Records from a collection
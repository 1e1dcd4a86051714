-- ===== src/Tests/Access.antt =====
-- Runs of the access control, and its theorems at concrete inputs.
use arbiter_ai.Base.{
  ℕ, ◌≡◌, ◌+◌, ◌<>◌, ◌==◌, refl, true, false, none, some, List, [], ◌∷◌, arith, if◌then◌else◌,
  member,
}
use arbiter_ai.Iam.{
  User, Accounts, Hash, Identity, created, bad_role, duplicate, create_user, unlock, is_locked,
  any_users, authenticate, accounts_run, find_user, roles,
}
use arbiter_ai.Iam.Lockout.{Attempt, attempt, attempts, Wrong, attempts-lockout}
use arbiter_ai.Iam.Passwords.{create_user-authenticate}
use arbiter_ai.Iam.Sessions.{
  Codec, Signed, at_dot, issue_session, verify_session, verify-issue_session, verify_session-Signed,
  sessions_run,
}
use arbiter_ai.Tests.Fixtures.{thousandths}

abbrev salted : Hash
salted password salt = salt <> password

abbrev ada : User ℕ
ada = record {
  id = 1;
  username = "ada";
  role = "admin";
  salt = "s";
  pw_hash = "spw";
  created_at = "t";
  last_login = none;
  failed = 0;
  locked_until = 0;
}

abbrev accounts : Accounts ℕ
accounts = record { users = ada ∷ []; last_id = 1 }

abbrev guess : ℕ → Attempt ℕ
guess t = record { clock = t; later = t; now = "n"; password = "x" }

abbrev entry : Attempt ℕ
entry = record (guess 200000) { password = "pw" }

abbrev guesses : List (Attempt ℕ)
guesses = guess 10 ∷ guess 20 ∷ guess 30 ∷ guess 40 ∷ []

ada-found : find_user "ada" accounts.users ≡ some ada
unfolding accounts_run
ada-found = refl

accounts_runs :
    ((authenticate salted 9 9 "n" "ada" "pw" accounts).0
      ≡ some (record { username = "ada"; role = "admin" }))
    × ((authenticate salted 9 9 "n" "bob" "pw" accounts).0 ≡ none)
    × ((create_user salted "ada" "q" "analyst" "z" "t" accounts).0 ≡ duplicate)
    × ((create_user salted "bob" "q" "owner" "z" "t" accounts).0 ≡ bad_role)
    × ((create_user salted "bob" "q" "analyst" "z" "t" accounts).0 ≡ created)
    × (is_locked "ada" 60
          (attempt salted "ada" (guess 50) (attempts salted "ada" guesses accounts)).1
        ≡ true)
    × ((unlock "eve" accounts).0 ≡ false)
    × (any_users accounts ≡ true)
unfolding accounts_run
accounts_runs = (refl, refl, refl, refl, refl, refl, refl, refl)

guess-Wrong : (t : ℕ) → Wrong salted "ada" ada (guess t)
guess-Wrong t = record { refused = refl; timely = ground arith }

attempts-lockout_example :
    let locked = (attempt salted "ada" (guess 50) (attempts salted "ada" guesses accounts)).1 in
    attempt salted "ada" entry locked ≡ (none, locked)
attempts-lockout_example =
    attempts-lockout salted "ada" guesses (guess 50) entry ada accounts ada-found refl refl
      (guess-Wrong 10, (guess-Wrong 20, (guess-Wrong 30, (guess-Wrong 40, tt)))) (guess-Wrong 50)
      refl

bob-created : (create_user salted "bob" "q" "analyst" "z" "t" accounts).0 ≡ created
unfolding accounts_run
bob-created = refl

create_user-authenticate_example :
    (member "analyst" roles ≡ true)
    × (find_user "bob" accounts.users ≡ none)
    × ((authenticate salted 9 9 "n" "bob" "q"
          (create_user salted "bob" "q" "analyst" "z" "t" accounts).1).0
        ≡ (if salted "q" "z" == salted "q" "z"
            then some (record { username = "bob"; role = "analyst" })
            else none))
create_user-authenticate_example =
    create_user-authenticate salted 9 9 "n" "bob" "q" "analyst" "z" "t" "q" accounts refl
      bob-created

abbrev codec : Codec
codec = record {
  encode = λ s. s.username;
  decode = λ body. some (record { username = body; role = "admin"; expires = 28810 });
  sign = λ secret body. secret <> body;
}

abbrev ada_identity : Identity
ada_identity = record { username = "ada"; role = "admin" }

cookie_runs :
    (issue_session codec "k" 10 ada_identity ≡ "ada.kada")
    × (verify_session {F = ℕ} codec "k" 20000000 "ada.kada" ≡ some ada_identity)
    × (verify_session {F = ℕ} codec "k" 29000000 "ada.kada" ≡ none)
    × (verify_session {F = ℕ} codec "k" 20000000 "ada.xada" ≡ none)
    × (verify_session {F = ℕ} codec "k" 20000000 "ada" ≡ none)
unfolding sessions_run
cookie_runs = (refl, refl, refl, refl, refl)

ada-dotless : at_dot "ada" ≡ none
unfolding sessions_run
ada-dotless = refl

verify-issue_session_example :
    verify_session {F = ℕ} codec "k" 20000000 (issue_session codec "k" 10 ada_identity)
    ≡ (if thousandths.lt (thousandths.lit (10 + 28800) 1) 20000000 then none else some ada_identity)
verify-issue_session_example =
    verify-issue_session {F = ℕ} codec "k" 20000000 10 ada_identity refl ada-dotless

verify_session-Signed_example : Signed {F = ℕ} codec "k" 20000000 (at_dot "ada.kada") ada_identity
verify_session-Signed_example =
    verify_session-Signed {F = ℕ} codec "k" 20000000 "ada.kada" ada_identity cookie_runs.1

**EXERCISE PROMPT**.
Copy the entries word for word.

**SOLUTION TO THIS TASK**.
repository 1e1dcd4a86051714
-- ===== src/Tests/Access.antt =====
-- Runs of the access control, and its theorems at concrete inputs.
use arbiter_ai.Base.{
  ℕ, ◌≡◌, ◌+◌, ◌<>◌, ◌==◌, refl, true, false, none, some, List, [], ◌∷◌, arith, if◌then◌else◌,
  member,
}
use arbiter_ai.Iam.{
  User, Accounts, Hash, Identity, created, bad_role, duplicate, create_user, unlock, is_locked,
  any_users, authenticate, accounts_run, find_user, roles,
}
use arbiter_ai.Iam.Lockout.{Attempt, attempt, attempts, Wrong, attempts-lockout}
use arbiter_ai.Iam.Passwords.{create_user-authenticate}
use arbiter_ai.Iam.Sessions.{
  Codec, Signed, at_dot, issue_session, verify_session, verify-issue_session, verify_session-Signed,
  sessions_run,
}
use arbiter_ai.Tests.Fixtures.{thousandths}

abbrev salted : Hash
salted password salt = salt <> password

abbrev ada : User ℕ
ada = record {
  id = 1;
  username = "ada";
  role = "admin";
  salt = "s";
  pw_hash = "spw";
  created_at = "t";
  last_login = none;
  failed = 0;
  locked_until = 0;
}

abbrev accounts : Accounts ℕ
accounts = record { users = ada ∷ []; last_id = 1 }

abbrev guess : ℕ → Attempt ℕ
guess t = record { clock = t; later = t; now = "n"; password = "x" }

abbrev entry : Attempt ℕ
entry = record (guess 200000) { password = "pw" }

abbrev guesses : List (Attempt ℕ)
guesses = guess 10 ∷ guess 20 ∷ guess 30 ∷ guess 40 ∷ []

ada-found : find_user "ada" accounts.users ≡ some ada
unfolding accounts_run
ada-found = refl

accounts_runs :
    ((authenticate salted 9 9 "n" "ada" "pw" accounts).0
      ≡ some (record { username = "ada"; role = "admin" }))
    × ((authenticate salted 9 9 "n" "bob" "pw" accounts).0 ≡ none)
    × ((create_user salted "ada" "q" "analyst" "z" "t" accounts).0 ≡ duplicate)
    × ((create_user salted "bob" "q" "owner" "z" "t" accounts).0 ≡ bad_role)
    × ((create_user salted "bob" "q" "analyst" "z" "t" accounts).0 ≡ created)
    × (is_locked "ada" 60
          (attempt salted "ada" (guess 50) (attempts salted "ada" guesses accounts)).1
        ≡ true)
    × ((unlock "eve" accounts).0 ≡ false)
    × (any_users accounts ≡ true)
unfolding accounts_run
accounts_runs = (refl, refl, refl, refl, refl, refl, refl, refl)

guess-Wrong : (t : ℕ) → Wrong salted "ada" ada (guess t)
guess-Wrong t = record { refused = refl; timely = ground arith }

attempts-lockout_example :
    let locked = (attempt salted "ada" (guess 50) (attempts salted "ada" guesses accounts)).1 in
    attempt salted "ada" entry locked ≡ (none, locked)
attempts-lockout_example =
    attempts-lockout salted "ada" guesses (guess 50) entry ada accounts ada-found refl refl
      (guess-Wrong 10, (guess-Wrong 20, (guess-Wrong 30, (guess-Wrong 40, tt)))) (guess-Wrong 50)
      refl

bob-created : (create_user salted "bob" "q" "analyst" "z" "t" accounts).0 ≡ created
unfolding accounts_run
bob-created = refl

create_user-authenticate_example :
    (member "analyst" roles ≡ true)
    × (find_user "bob" accounts.users ≡ none)
    × ((authenticate salted 9 9 "n" "bob" "q"
          (create_user salted "bob" "q" "analyst" "z" "t" accounts).1).0
        ≡ (if salted "q" "z" == salted "q" "z"
            then some (record { username = "bob"; role = "analyst" })
            else none))
create_user-authenticate_example =
    create_user-authenticate salted 9 9 "n" "bob" "q" "analyst" "z" "t" "q" accounts refl
      bob-created

abbrev codec : Codec
codec = record {
  encode = λ s. s.username;
  decode = λ body. some (record { username = body; role = "admin"; expires = 28810 });
  sign = λ secret body. secret <> body;
}

abbrev ada_identity : Identity
ada_identity = record { username = "ada"; role = "admin" }

cookie_runs :
    (issue_session codec "k" 10 ada_identity ≡ "ada.kada")
    × (verify_session {F = ℕ} codec "k" 20000000 "ada.kada" ≡ some ada_identity)
    × (verify_session {F = ℕ} codec "k" 29000000 "ada.kada" ≡ none)
    × (verify_session {F = ℕ} codec "k" 20000000 "ada.xada" ≡ none)
    × (verify_session {F = ℕ} codec "k" 20000000 "ada" ≡ none)
unfolding sessions_run
cookie_runs = (refl, refl, refl, refl, refl)

ada-dotless : at_dot "ada" ≡ none
unfolding sessions_run
ada-dotless = refl

verify-issue_session_example :
    verify_session {F = ℕ} codec "k" 20000000 (issue_session codec "k" 10 ada_identity)
    ≡ (if thousandths.lt (thousandths.lit (10 + 28800) 1) 20000000 then none else some ada_identity)
verify-issue_session_example =
    verify-issue_session {F = ℕ} codec "k" 20000000 10 ada_identity refl ada-dotless

verify_session-Signed_example : Signed {F = ℕ} codec "k" 20000000 (at_dot "ada.kada") ada_identity
verify_session-Signed_example =
    verify_session-Signed {F = ℕ} codec "k" 20000000 "ada.kada" ada_identity cookie_runs.1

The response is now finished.